Working towards developing a so-called ambidextrous organisation is one of the more prominent techniques for developing a more innovative business. This simply means that the buiness is designed in such a way that new enterprises can operate independently of old ones.
If structures enable the successful application of capabilities, culture is what allows the organisation to gain people-related competencies. Businesses are considerably more likely to be able to recruit and retain the proper personnel if it has a pro-innovation culture.
A pro-innovation culture that is acceptable fosters the proper kind of behaviour while discouraging the wrong kind. As the effects accumulate, culture can make a significant difference in an organisation’s innovativeness. Here are some of the most widely accepted characteristics of innovation culture:
Finally, there is strategy. Simply said, strategy is the organisation’s plan for long-term success. However, it is crucial to remember that strategy is ultimately about making a deliberate decision from a number of viable possibilities in order to have the best chance of “winning,” and this choice should not be clearly separated from execution.
The relationship between innovation and strategy is a broad issue, but in essence, innovation is simply one of the tools for achieving your strategic objectives. There are situations where “accidental” innovation can offer unrivalled prospects large enough to justify completely revising your strategy, but these are extremely unusual and nearly hard to prepare for. Thus, the goal is to match your innovation activities with your strategy, which is often easier said than done.

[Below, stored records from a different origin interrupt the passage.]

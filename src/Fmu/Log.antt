-- ===== src/Fmu/Log.antt =====
-- The categories of fmi2SetDebugLogging, as the guards of `fmu_log` of dse/fmu/fmi2fmu.c see them.
use dse_fmi.Common.{
  ℕ, zero, suc, ◌≡◌, ◌≢◌, refl, sym, ◌∙◌, ap, ap₂, Bool, true, false, not, ◌&&◌, ◌||◌, Option, some,
  List, [], ◌∷◌, foldl, All, Pairs, if_elim, Bytes, codes, str_eq, str_eq_iff, ◌==◌, ==_iff,
  if◌then◌else◌, arith,
}
use dse_fmi.Fmu.Instance.{
  FmuInstanceData, log_passes, flag_or, category_map, category_flag, add_category,
  set_debug_logging,
}
use dse_fmi.Fmu.Flags.{
  flag, is_some, named, known, has, flags, IsFlag, flag-IsFlag, added, foldl-has,
}

fresh :
    (t : List (Bytes × ℕ)) (n : Bytes) (f : ℕ)
    → f ≢ 0
    → All (λ e. e.1 ≢ f) t
    → flag_or 0 (category_flag t n) ≢ f
unfolding category_flag
fresh [] n f z h = λ e. z (sym e)
fresh ((k, g) ∷ t) n f z h = if_elim (λ o. flag_or 0 o ≢ f) (str_eq k n) _ _ h.0 (fresh t n f z h.1)

same_entry :
    (b d : Bool) (g : ℕ) (x y : Option ℕ) (P : Type 0)
    → (b ≡ true → d ≡ true → P)
    → flag_or 0 x ≢ g
    → flag_or 0 y ≢ g
    → (flag_or 0 x ≡ flag_or 0 y → flag_or 0 y ≢ 0 → P)
    → flag_or 0 (if b then some g else x) ≡ flag_or 0 (if d then some g else y)
    → flag_or 0 (if d then some g else y) ≢ 0
    → P
same_entry true true g x y P both nx ny rest e k = both refl refl
same_entry true false g x y P both nx ny rest e k = absurd (ny (sym e))
same_entry false true g x y P both nx ny rest e k = absurd (nx e)
same_entry false false g x y P both nx ny rest e k = rest e k

-- In a table of different flags, names with the same flag are the same.
flag_or_injective :
    (t : List (Bytes × ℕ)) (n c : Bytes)
    → Pairs (λ e d. d.1 ≢ e.1) t
    → All (λ e. e.1 ≢ 0) t
    → flag_or 0 (category_flag t n) ≡ flag_or 0 (category_flag t c)
    → flag_or 0 (category_flag t c) ≢ 0
    → n ≡ c
unfolding category_flag
flag_or_injective [] n c p z e k = absurd (k refl)
flag_or_injective ((name, g) ∷ t) n c p z e k =
    same_entry (str_eq name n) (str_eq name c) g (category_flag t n) (category_flag t c) (n ≡ c)
      (λ x y. sym ((str_eq_iff name n).0 x) ∙ (str_eq_iff name c).0 y) (fresh t n g z.0 p.0)
      (fresh t c g z.0 p.0) (λ e k. flag_or_injective t n c p.1 z.1 e k) e k

-- A name with the flag of a category is that category.
flag_injective : (n c : Bytes) → flag n ≡ flag c → flag c ≢ 0 → n ≡ c
flag_injective n c =
    flag_or_injective category_map n c
      (
        (omega arith, (omega arith, (omega arith, (omega arith, (omega arith, tt))))),
        (
          (omega arith, (omega arith, (omega arith, (omega arith, tt)))),
          (
            (omega arith, (omega arith, (omega arith, tt))),
            ((omega arith, (omega arith, tt)), ((omega arith, tt), (tt, tt))),
          ),
        ),
      )
      (omega arith, (omega arith, (omega arith, (omega arith, (omega arith, (omega arith, tt))))))

-- `known` says that the flag is not 0.
known_lem : (c : Bytes) → known c ≡ not (flag c == 0)
unfolding category_flag
known_lem c =
    if_elim (λ o. is_some o ≡ not (flag_or 0 o == 0)) (str_eq (codes "Trace") c) _ _ refl
      (if_elim (λ o. is_some o ≡ not (flag_or 0 o == 0)) (str_eq (codes "Debug") c) _ _ refl
        (if_elim (λ o. is_some o ≡ not (flag_or 0 o == 0)) (str_eq (codes "Info") c) _ _ refl
          (if_elim (λ o. is_some o ≡ not (flag_or 0 o == 0)) (str_eq (codes "Error") c) _ _ refl
            (if_elim (λ o. is_some o ≡ not (flag_or 0 o == 0)) (str_eq (codes "Fatal") c) _ _ refl
              (if_elim (λ o. is_some o ≡ not (flag_or 0 o == 0)) (str_eq (codes "All") c) _ _ refl
                refl)))))

iff-eq : (b d : Bool) → (b ≡ true → d ≡ true) → (d ≡ true → b ≡ true) → b ≡ d
iff-eq true true f g = refl
iff-eq true false f g = sym (f refl)
iff-eq false true f g = g refl
iff-eq false false f g = refl

same_flag : (n c : Bytes) → (flag n == flag c && not (flag c == 0)) ≡ (known c && str_eq n c)
same_flag n c = rw (known_lem c) (
    iff-eq _ _
      (λ h. ground (
        arith,
        h,
        (str_eq_iff n c).1 (
            flag_injective n c ((==_iff (flag n) (flag c)).0 (ground (arith, h)))
              (ground (arith, h))),
      ))
      (λ h. ground (arith, h, ap flag ((str_eq_iff n c).0 (ground (arith, h))))))

added-named : (names : List Bytes) (c : Bytes) → added (flag c) names ≡ (known c && named c names)
unfolding added
added-named [] c = ground arith
added-named (n ∷ names) c = rw (same_flag n c, added-named names c) (ground arith)

no_bits : (f : ℕ) → IsFlag f → has 0 f ≡ false
unfolding IsFlag has flags
no_bits f i = i (λ g. has 0 g ≡ false) (refl, (refl, (refl, (refl, (refl, (refl, (refl, tt)))))))

-- The guard on an empty mask follows from the others.
guards : (m f : ℕ) → IsFlag f → (not (m == 0) && (has m 32 || has m f)) ≡ (has m 32 || has m f)
unfolding has
guards zero f i = rw (no_bits f i) refl
guards (suc m) f i = ground arith

-- After fmi2SetDebugLogging, a message passes the guards of fmu_log exactly if logging was switched
-- on and either "All" is among the categories given, or the message's category is one of the six
-- and among them; what the mask was before does not matter, and names that are no category change
-- nothing.
pub log_passes-set_debug_logging :
    (on : Bool) (names : List Bytes) (fmu : FmuInstanceData) (c : Bytes)
    → log_passes (set_debug_logging on names fmu) (some c)
      ≡ (on && (named (codes "All") names || (known c && named c names)))
unfolding log_passes set_debug_logging has str_eq
log_passes-set_debug_logging false names fmu c = refl
log_passes-set_debug_logging true names fmu c =
    let mask : ℕ = foldl add_category 0 names in
    let all : has mask 32 ≡ named (codes "All") names =
      foldl-has names 0 32 (omega arith) (flag-IsFlag (codes "All"))
      ∙ added-named names (codes "All") in
    let one : has mask (flag c) ≡ (known c && named c names) =
      foldl-has names 0 (flag c) (omega arith) (flag-IsFlag c)
      ∙ rw (no_bits (flag c) (flag-IsFlag c)) (added-named names c) in
    guards mask (flag c) (flag-IsFlag c) ∙ ap₂ (λ x y. x || y) all one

In practice, you must provide the business enough freedom to innovate while also taking into account realistic limits such as your strategic emphasis, available resources, and your own talents.

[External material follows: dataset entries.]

-- ===== src/Fmu/Scalar/RoundTrip.antt =====
-- What is set on inputs is what is read back.
use dse_fmi.Common.{
  ℕ, ◌≡◌, ◌≢◌, refl, sym, subst, ◌∙◌, ap, ap₂, Option, none, some, List, [], ◌∷◌, map, All, All-map,
  Pairs, hashmap_get, arith,
}
use dse_fmi.Fmu.Vref.{vref_key}
use dse_fmi.Fmu.Instance.{FmuInstanceData, store}
use dse_fmi.Fmu.Scalar.{
  read_or, or_input, write_at, get_direct, get_indexed, get_real, set_direct, set_indexed, set_real,
}

-- A value for a value reference whose input is stored in the cell; `old` is what the caller's array
-- holds when it reads.
pub record Setting : Type 0 where
  pub vr : ℕ
  pub value : ℕ
  pub cell : ℕ
  pub old : ℕ

abbrev pub sets : List Setting → List (ℕ × ℕ)
sets = map (λ w. (w.vr, w.value))

abbrev pub gets : List Setting → List (ℕ × ℕ)
gets = map (λ w. (w.vr, w.old))

-- The value reference is an input and not also an output.
abbrev pub IsInput : FmuInstanceData → Setting → Type 0
IsInput fmu w =
    (hashmap_get fmu.scalar_output (vref_key w.vr) ≡ none)
    × (hashmap_get fmu.scalar_input (vref_key w.vr) ≡ some w.cell)

abbrev pub OtherCell : Setting → Setting → Type 0
OtherCell w u = w.cell ≢ u.cell

set_indexed_found :
    (vr v p : ℕ) (vrs : List (ℕ × ℕ)) (fmu : FmuInstanceData)
    → hashmap_get fmu.scalar_input (vref_key vr) ≡ some p
    → set_indexed fmu ((vr, v) ∷ vrs)
      ≡ set_indexed (record fmu { memory = store fmu.memory p v }) vrs
unfolding set_indexed
set_indexed_found vr v p vrs fmu e = ap (λ o. set_indexed (write_at fmu v o) vrs) e

-- The cells that no setting names keep their values.
set_indexed_frame :
    (ws : List Setting) (fmu : FmuInstanceData) (q : ℕ)
    → All (IsInput fmu) ws
    → All (λ w. w.cell ≢ q) ws
    → (set_indexed fmu (sets ws)).memory q ≡ fmu.memory q
set_indexed_frame [] fmu q h n = unfold set_indexed in refl
set_indexed_frame (w ∷ ws) fmu q h n =
    let after : FmuInstanceData = record fmu { memory = store fmu.memory w.cell w.value } in
    rw (set_indexed_found w.vr w.value w.cell (sets ws) fmu h.0.1)
      (set_indexed_frame ws after q h.1 n.1 ∙ ground (arith, n.0))

-- After the call each cell holds its value.
set_indexed-cells :
    (ws : List Setting) (fmu : FmuInstanceData)
    → All (IsInput fmu) ws
    → Pairs OtherCell ws
    → All (λ w. (set_indexed fmu (sets ws)).memory w.cell ≡ w.value) ws
set_indexed-cells [] fmu h d = tt
set_indexed-cells (w ∷ ws) fmu h d =
    let after : FmuInstanceData = record fmu { memory = store fmu.memory w.cell w.value } in
    subst (λ g. All (λ u. g.memory u.cell ≡ u.value) (w ∷ ws))
      (sym (set_indexed_found w.vr w.value w.cell (sets ws) fmu h.0.1))
      (
        set_indexed_frame ws after w.cell h.1 (All-map (OtherCell w) _ ws (λ u n e. n (sym e)) d.0)
            ∙ ground arith,
        set_indexed-cells ws after h.1 d.1,
      )

-- Only the memory changes.
OnlyMemory : FmuInstanceData → FmuInstanceData → Type 0
OnlyMemory fmu after = after ≡ record fmu { memory = after.memory }

set_indexed-OnlyMemory :
    (vrs : List (ℕ × ℕ)) (fmu : FmuInstanceData) → OnlyMemory fmu (set_indexed fmu vrs)
unfolding set_indexed OnlyMemory
set_indexed-OnlyMemory [] fmu = refl
set_indexed-OnlyMemory ((vr, v) ∷ vrs) fmu =
    written (hashmap_get fmu.scalar_input (vref_key vr)) (set_indexed-OnlyMemory vrs)
  where
    written :
        (o : Option ℕ)
        → ((g : FmuInstanceData) → OnlyMemory g (set_indexed g vrs))
        → OnlyMemory fmu (set_indexed (write_at fmu v o) vrs)
    written none ih = ih fmu
    written (some p) ih = ih (record fmu { memory = store fmu.memory p v })

get_indexed-values :
    (ws : List Setting) (fmu : FmuInstanceData)
    → All (IsInput fmu) ws
    → All (λ w. fmu.memory w.cell ≡ w.value) ws
    → get_indexed fmu (gets ws) ≡ map (λ w. w.value) ws
unfolding get_indexed
get_indexed-values [] fmu h m = refl
get_indexed-values (w ∷ ws) fmu h m =
    ap₂ (λ (v : ℕ) (vs : List ℕ). v ∷ vs)
      (ap (λ o. read_or fmu w.old o) (ap (or_input fmu w.vr) h.0.0 ∙ h.0.1) ∙ m.0)
      (get_indexed-values ws fmu h.1 m.1)

set_real-indexed :
    (fmu : FmuInstanceData) (vrs : List (ℕ × ℕ))
    → fmu.direct_index ≡ none
    → set_real fmu vrs ≡ set_indexed fmu vrs
unfolding set_real
set_real-indexed fmu vrs d =
    ap (λ o. elim o [ none ↦ set_indexed fmu vrs | some d ↦ set_direct d fmu vrs ]) d

get_real-indexed :
    (fmu : FmuInstanceData) (vrs : List (ℕ × ℕ))
    → fmu.direct_index ≡ none
    → (get_real fmu vrs).1 ≡ get_indexed fmu vrs
unfolding get_real
get_real-indexed fmu vrs d =
    ap
      (λ o.
        (elim o as (λ _. FmuInstanceData × List ℕ) [
          | none ↦ (fmu, get_indexed fmu vrs)
          | some d ↦ get_direct d fmu vrs
        ]).1)
      d

-- Without direct indexing, and for value references that are inputs with pairwise different cells and
-- not outputs as well: after fmi2SetReal, fmi2GetReal on the same value references returns the values
-- that were set, whatever the caller's array held; every other cell keeps its value; and apart from
-- the memory the instance is unchanged.
pub get_real-set_real :
    (fmu : FmuInstanceData) (ws : List Setting) (q : ℕ)
    → fmu.direct_index ≡ none
    → All (IsInput fmu) ws
    → Pairs OtherCell ws
    → All (λ w. w.cell ≢ q) ws
    → ((get_real (set_real fmu (sets ws)) (gets ws)).1 ≡ map (λ w. w.value) ws)
      × ((set_real fmu (sets ws)).memory q ≡ fmu.memory q)
      × (set_real fmu (sets ws) ≡ record fmu { memory = (set_real fmu (sets ws)).memory })
unfolding OnlyMemory
get_real-set_real fmu ws q d h p n =
    let after : FmuInstanceData = set_indexed fmu (sets ws) in
    let same : OnlyMemory fmu after = set_indexed-OnlyMemory (sets ws) fmu in
    let inputs : All (IsInput after) ws = subst (λ g. All (IsInput g) ws) (sym same) h in
    let values = get_indexed-values ws after inputs (set_indexed-cells ws fmu h p) in
    subst
      (λ g.
        ((get_real g (gets ws)).1 ≡ map (λ w. w.value) ws)
        × (g.memory q ≡ fmu.memory q)
        × (g ≡ record fmu { memory = g.memory }))
      (sym (set_real-indexed fmu (sets ws) d))
      (
        get_real-indexed after (gets ws) (ap (λ g. g.direct_index) same ∙ d) ∙ values,
        set_indexed_frame ws fmu q h n,
        same,
      )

All four characteristics have an impact on an organisation’s ability to innovate and manage innovation, which is why increasing it is rarely a simple exercise with a simple solution. If you want to be a good innovation manager, you must comprehend both the overall picture and the small components that make it up.
Broadly speaking, innovation can be incremental, breakthrough, or disruptive.
Incremental: In an era when organisations have to continually reinvent themselves, incremental innovation assists them in thriving by constantly upgrading current products, services, processes, or procedures.
Breakthrough innovation involves technological improvements that can propel a product or service ahead of its competitors within an existing category.
Disruptive innovations are concepts that, when adopted, have the potential to drastically alter market behaviour.
For the innovation management process to be successful, the organisation must encourage an innovative culture and make people feel valued. This will motivate staff to come up with good ideas in return.
Companies today use collaborative technology such as social networking to solicit feedback, which aids in the generation of a continual supply of ideas from stakeholders both inside and outside the firm.
Many firms use a systematic and cyclical strategy to make innovation management an ordinary element of business. Ideation is the initial step toward creativity, and encouragement and feedback foster a consistent flow of ideas. In a well-managed innovation process, the next phase is to identify the most useful and viable ideas. Companies can then proceed to develop prototype items based on the shortlisted concepts and test them to see how well they operate. It is critical to analyse the outcome of complete implementation to see whether the anticipated business goals were achieved once the concepts were executed.